Dataset entries

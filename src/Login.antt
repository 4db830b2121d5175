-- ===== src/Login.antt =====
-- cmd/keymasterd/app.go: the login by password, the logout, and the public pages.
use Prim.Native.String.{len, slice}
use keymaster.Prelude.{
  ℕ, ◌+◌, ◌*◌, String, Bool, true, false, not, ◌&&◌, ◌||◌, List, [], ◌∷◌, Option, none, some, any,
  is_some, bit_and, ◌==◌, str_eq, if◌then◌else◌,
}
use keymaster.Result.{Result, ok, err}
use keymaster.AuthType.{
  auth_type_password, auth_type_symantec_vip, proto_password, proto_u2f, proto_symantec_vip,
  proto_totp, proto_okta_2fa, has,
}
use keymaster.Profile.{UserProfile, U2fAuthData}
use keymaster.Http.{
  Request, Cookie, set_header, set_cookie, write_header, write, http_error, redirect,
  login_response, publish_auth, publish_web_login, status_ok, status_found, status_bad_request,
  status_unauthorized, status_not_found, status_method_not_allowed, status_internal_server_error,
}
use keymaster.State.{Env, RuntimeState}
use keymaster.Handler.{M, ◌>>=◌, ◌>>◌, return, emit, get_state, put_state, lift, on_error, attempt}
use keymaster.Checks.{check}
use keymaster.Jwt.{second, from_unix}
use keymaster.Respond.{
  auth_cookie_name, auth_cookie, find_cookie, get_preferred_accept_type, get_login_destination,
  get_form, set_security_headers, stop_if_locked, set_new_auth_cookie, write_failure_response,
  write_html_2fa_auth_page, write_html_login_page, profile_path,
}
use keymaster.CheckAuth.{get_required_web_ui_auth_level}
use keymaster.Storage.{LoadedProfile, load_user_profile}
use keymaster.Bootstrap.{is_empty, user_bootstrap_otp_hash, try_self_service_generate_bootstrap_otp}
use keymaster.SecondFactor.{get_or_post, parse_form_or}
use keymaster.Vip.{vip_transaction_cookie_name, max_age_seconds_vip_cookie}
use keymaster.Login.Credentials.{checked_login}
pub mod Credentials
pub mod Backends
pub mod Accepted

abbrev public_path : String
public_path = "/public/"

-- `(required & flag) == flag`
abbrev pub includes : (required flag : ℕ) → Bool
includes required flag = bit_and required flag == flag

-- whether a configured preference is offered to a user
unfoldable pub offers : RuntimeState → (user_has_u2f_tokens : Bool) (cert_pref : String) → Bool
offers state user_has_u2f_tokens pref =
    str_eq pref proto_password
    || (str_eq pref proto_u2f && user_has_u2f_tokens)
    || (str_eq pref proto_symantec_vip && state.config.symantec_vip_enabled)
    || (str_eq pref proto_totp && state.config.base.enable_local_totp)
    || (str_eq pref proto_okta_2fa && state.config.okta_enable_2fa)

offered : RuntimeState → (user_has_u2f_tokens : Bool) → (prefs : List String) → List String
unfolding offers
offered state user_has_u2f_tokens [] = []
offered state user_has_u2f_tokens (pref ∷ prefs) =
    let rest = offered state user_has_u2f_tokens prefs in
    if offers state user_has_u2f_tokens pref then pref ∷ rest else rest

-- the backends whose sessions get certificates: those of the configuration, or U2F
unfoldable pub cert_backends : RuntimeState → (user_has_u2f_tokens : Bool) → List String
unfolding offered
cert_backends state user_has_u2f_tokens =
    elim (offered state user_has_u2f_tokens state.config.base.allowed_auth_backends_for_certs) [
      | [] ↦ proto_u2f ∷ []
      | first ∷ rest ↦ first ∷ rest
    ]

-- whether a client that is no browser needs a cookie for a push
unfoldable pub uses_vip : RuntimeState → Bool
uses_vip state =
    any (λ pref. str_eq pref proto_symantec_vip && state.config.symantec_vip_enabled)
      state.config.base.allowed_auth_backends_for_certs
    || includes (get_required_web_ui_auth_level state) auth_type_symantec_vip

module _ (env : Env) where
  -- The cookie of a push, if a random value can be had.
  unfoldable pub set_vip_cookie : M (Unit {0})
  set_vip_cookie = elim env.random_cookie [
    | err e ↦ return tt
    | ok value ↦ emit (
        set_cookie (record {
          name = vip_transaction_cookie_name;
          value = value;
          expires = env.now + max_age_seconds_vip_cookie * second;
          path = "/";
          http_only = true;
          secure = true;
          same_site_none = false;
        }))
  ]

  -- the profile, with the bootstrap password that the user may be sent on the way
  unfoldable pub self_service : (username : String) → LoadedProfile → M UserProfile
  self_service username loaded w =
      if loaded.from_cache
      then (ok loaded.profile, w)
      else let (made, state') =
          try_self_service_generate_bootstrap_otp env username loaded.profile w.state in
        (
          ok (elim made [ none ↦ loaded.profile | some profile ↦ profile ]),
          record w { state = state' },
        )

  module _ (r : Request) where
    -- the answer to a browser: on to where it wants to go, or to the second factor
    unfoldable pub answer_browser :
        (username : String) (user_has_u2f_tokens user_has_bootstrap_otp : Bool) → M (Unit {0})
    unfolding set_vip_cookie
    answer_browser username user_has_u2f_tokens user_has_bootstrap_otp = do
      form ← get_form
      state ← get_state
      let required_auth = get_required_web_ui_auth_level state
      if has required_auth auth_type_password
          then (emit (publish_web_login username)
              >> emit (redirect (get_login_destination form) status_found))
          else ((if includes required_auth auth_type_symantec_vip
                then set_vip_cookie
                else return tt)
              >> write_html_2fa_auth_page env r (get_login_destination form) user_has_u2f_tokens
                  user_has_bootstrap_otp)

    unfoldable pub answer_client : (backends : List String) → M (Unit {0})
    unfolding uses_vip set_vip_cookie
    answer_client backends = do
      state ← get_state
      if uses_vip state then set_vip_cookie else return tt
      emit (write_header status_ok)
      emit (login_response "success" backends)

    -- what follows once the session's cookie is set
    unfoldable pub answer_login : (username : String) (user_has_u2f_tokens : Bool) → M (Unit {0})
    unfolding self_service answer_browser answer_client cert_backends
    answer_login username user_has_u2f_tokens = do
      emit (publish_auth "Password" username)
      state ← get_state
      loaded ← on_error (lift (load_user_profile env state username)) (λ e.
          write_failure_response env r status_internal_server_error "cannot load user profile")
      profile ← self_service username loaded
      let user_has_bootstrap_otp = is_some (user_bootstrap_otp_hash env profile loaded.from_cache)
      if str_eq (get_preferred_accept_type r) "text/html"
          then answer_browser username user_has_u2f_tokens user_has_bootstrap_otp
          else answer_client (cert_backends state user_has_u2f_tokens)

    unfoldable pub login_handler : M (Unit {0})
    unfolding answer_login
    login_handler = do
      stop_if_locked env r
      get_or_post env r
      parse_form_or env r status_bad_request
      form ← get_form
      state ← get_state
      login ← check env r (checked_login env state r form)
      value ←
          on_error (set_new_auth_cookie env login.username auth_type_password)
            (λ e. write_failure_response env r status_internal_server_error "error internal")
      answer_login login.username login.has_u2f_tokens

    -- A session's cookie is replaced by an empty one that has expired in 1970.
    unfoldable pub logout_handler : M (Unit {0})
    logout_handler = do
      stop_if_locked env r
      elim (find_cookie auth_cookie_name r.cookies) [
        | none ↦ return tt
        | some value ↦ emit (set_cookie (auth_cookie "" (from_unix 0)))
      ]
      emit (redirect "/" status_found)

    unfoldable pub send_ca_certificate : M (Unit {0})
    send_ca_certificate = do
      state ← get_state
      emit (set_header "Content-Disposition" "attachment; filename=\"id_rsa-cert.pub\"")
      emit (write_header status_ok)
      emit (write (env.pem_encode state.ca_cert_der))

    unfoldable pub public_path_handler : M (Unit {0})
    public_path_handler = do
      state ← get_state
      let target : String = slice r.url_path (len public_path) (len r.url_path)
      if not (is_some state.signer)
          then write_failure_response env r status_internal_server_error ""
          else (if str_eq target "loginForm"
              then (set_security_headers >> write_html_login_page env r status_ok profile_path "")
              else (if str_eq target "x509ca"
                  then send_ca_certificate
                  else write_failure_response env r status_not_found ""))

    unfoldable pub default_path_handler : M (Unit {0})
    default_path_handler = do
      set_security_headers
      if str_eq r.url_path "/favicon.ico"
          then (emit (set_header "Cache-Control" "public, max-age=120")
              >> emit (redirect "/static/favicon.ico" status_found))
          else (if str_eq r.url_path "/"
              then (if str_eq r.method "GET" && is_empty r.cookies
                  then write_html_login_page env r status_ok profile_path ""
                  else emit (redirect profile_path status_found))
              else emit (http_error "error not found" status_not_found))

#### Exercise
Reproduce every line from the preceding data in which the word "return" can be found.

#### Solved problem
use keymaster.Handler.{M, ◌>>=◌, ◌>>◌, return, emit, get_state, put_state, lift, on_error, attempt}
    | err e ↦ return tt
                else return tt)
      if uses_vip state then set_vip_cookie else return tt
        | none ↦ return tt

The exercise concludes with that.